TIMESBANYUWANGI, JAKARTA – Ketua Komisi II DPR RI Zainudin Amali menyebut disahkannya Peraturan Pemerintah (PP) tentang bantuan keuangan partai politik (parpol) akan memberikan dampak signifikan pada proses demokrasi di internal partai. 

"Saya mendukung kenaikan dana parpol, supaya proses demokratisasi di internal partai itu juga makin baik," tutur Zainudin dalam pesan teks kepada TIMES Indonesia (timesindonesia.co.id), Kamis (11/01/2018).

Diketahui, Presiden Joko Widodo (Jokowi) telah menandatangani PP Nomor 1/2018 tentang Bantuan Keuangan Partai Politik (parpol). PP yang disahkan tersebut merupakan revisi atas PP 5/2009.

Terdapat tiga pasal dari PP 5/2009 yang diubah melalui PP 1/2018, yaitu Pasal 5, Pasal 9 dan Pasal 16. Pada Pasal 5, besaran bantuan keuangan Parpol dari Rp 108 per suara dinaikkan menjadi Rp 1.000 per suara sah.
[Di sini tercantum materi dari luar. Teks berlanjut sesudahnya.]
-- ===== src/DeviceMap/Kept.antt =====
-- What every operation keeps: handles are never null.
use xibridge.Prelude.{
  ℕ, ◌≡◌, refl, Bool, true, false, List, [], ◌∷◌, ◌++◌, Option, none, some, arith,
}
use xibridge.DevId.{DevId}
use xibridge.DeviceMap.{
  XibResult, MapDevIdPHandle, put_device, erase_device, erase_conn, created, open_if_not, release,
  dev_invalid, remove_conn_or_remove_device, operation_send_request, devid_known, uint32_max,
  map_keys,
}
use xibridge.DeviceMap.Keys.{is_ordered}
use xibridge.DeviceMap.Open.{same_key_refl}

-- No entry has a null handle.
abbrev pub all_open : List (DevId × Option ℕ) → Bool
all_open [] = true
all_open ((k, none) ∷ devices) = false
all_open ((k, some h) ∷ devices) = all_open devices

all_open-put_device :
    (devices : List (DevId × Option ℕ)) (d : DevId) (h : ℕ)
    → all_open devices ≡ true
    → all_open (put_device (put_device devices d none) d (some h)) ≡ true
all_open-put_device [] d h e = rw (same_key_refl d) refl
all_open-put_device ((k, none) ∷ devices) d h e = absurd cc
all_open-put_device ((k, some g) ∷ devices) d h e =
    ground (arith, all_open-put_device devices d h e)

all_open-erase_device :
    (devices : List (DevId × Option ℕ)) (d : DevId)
    → all_open devices ≡ true
    → all_open (erase_device devices d) ≡ true
all_open-erase_device [] d e = refl
all_open-erase_device ((k, none) ∷ devices) d e = absurd cc
all_open-erase_device ((k, some g) ∷ devices) d e =
    ground (arith, all_open-erase_device devices d e)

all_open-erase_put :
    (devices : List (DevId × Option ℕ)) (d : DevId)
    → all_open devices ≡ true
    → all_open (erase_device (put_device devices d none) d) ≡ true
all_open-erase_put [] d e = rw (same_key_refl d) refl
all_open-erase_put ((k, none) ∷ devices) d e = absurd cc
all_open-erase_put ((k, some g) ∷ devices) d e =
    ground (arith, all_open-erase_device devices d e, all_open-erase_put devices d e)

-- A call of one of the operations, with what the serial library answers.
pub data Call : Type 0 where
  open_call : (DevId → Option ℕ) → ℕ → DevId → Call
  remove_call : ℕ → DevId → Bool → Call
  send_call : (ℕ → List ℕ → List ℕ → XibResult × List ℕ) → DevId → List ℕ → List ℕ → Call

abbrev pub serve : Call → MapDevIdPHandle → MapDevIdPHandle
serve (open_call create conn_id d) t = (open_if_not create conn_id d t).0
serve (remove_call conn_id d force) t = remove_conn_or_remove_device conn_id d force t
serve (send_call send d request response) t = (operation_send_request send d request response t).0

abbrev pub serve_all : List Call → MapDevIdPHandle → MapDevIdPHandle
serve_all [] t = t
serve_all (c ∷ cs) t = serve_all cs (serve c t)

-- The devices that calls search the map for; a removal may search for that of a connection.
abbrev pub named : Call → List DevId
named (open_call create conn_id d) = d ∷ []
named (remove_call conn_id d force) = d ∷ []
named (send_call send d request response) = d ∷ []

abbrev pub all_named : List Call → List DevId
all_named [] = []
all_named (c ∷ cs) = named c ++ all_named cs

abbrev pub recorded : List (ℕ × DevId) → List DevId
recorded [] = []
recorded ((c, d) ∷ conns) = d ∷ recorded conns

created-all_open :
    (purpc : Option ℕ) (conn_id : ℕ) (d : DevId) (t : MapDevIdPHandle)
    → all_open t.devices ≡ true
    → all_open (created purpc conn_id d t).0.devices ≡ true
unfolding created
created-all_open none conn_id d t e = all_open-erase_put t.devices d e
created-all_open (some h) conn_id d t e = all_open-put_device t.devices d h e

open_if_not-all_open :
    (create : DevId → Option ℕ) (conn_id : ℕ) (d : DevId) (t : MapDevIdPHandle)
    → all_open t.devices ≡ true
    → all_open (open_if_not create conn_id d t).0.devices ≡ true
unfolding open_if_not
open_if_not-all_open create conn_id d t e =
    ground (arith, created-all_open (create d) conn_id d t e)

release-all_open :
    (d : DevId) (force : Bool) (t : MapDevIdPHandle)
    → all_open t.devices ≡ true
    → all_open (release d force t).devices ≡ true
unfolding release
release-all_open d force t e = ground (arith, all_open-erase_device t.devices d e)

remove-all_open :
    (conn_id : ℕ) (d : DevId) (force : Bool) (t : MapDevIdPHandle)
    → all_open t.devices ≡ true
    → all_open (remove_conn_or_remove_device conn_id d force t).devices ≡ true
unfolding remove_conn_or_remove_device
remove-all_open conn_id d force t e = ground (
  arith,
  release-all_open (devid_known t conn_id d) force (record t { conns = erase_conn t.conns conn_id })
      e,
)

send-all_open :
    (send : ℕ → List ℕ → List ℕ → XibResult × List ℕ) (d : DevId) (request response : List ℕ)
    (t : MapDevIdPHandle)
    → all_open t.devices ≡ true
    → all_open (operation_send_request send d request response t).0.devices ≡ true
unfolding operation_send_request
send-all_open send d request response t e = ground (arith, remove-all_open uint32_max d true t e)

serve-all_open :
    (c : Call) (t : MapDevIdPHandle)
    → all_open t.devices ≡ true
    → all_open (serve c t).devices ≡ true
serve-all_open (open_call create conn_id d) t e = open_if_not-all_open create conn_id d t e
serve-all_open (remove_call conn_id d force) t e = remove-all_open conn_id d force t e
serve-all_open (send_call send d request response) t e = send-all_open send d request response t e

serve_all-kept :
    (cs : List Call) (t : MapDevIdPHandle)
    → all_open t.devices ≡ true
    → all_open (serve_all cs t).devices ≡ true
serve_all-kept [] t e = e
serve_all-kept (c ∷ cs) t e = serve_all-kept cs (serve c t) (serve-all_open c t e)

-- No sequence of calls, whatever the serial library answers, leaves a null handle in a map that had none; where
-- `operator <` orders the devices that the calls name, the keys of the map, the devices of its connections and the
-- device with zeros alone, which a removal searches for where the connection is unknown.
pub serve_all-all_open :
    (cs : List Call) (t : MapDevIdPHandle)
    → is_ordered (all_named cs ++ map_keys t.devices ++ recorded t.conns ++ dev_invalid ∷ []) ≡ true
    → all_open t.devices ≡ true
    → all_open (serve_all cs t).devices ≡ true
serve_all-all_open cs t o e = serve_all-kept cs t e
Menurut Zainudin, kenaikan dana parpol juga akan memberikan peluang bagi kader-kader partai yang berkualitas untuk ikut menjadi pimpinan parpol.  

"Sekarang ini orang yang punya kualitas, orang yang punya kemampuan, dia pasti akan sedikit peluang dan kesempatan (jadi pimpinan parpol). Tetapi kalau partai itu sudah ada turut serta negara di situ, (maka) seleksinya adalah kader yang punya kualitas dan punya kompetensi," katanya. 

Namun begitu, dia meminta agar aturan penggunaan dana tersebut diperketat sehingga tidak menjadi peluang korupsi baru di internal partai. 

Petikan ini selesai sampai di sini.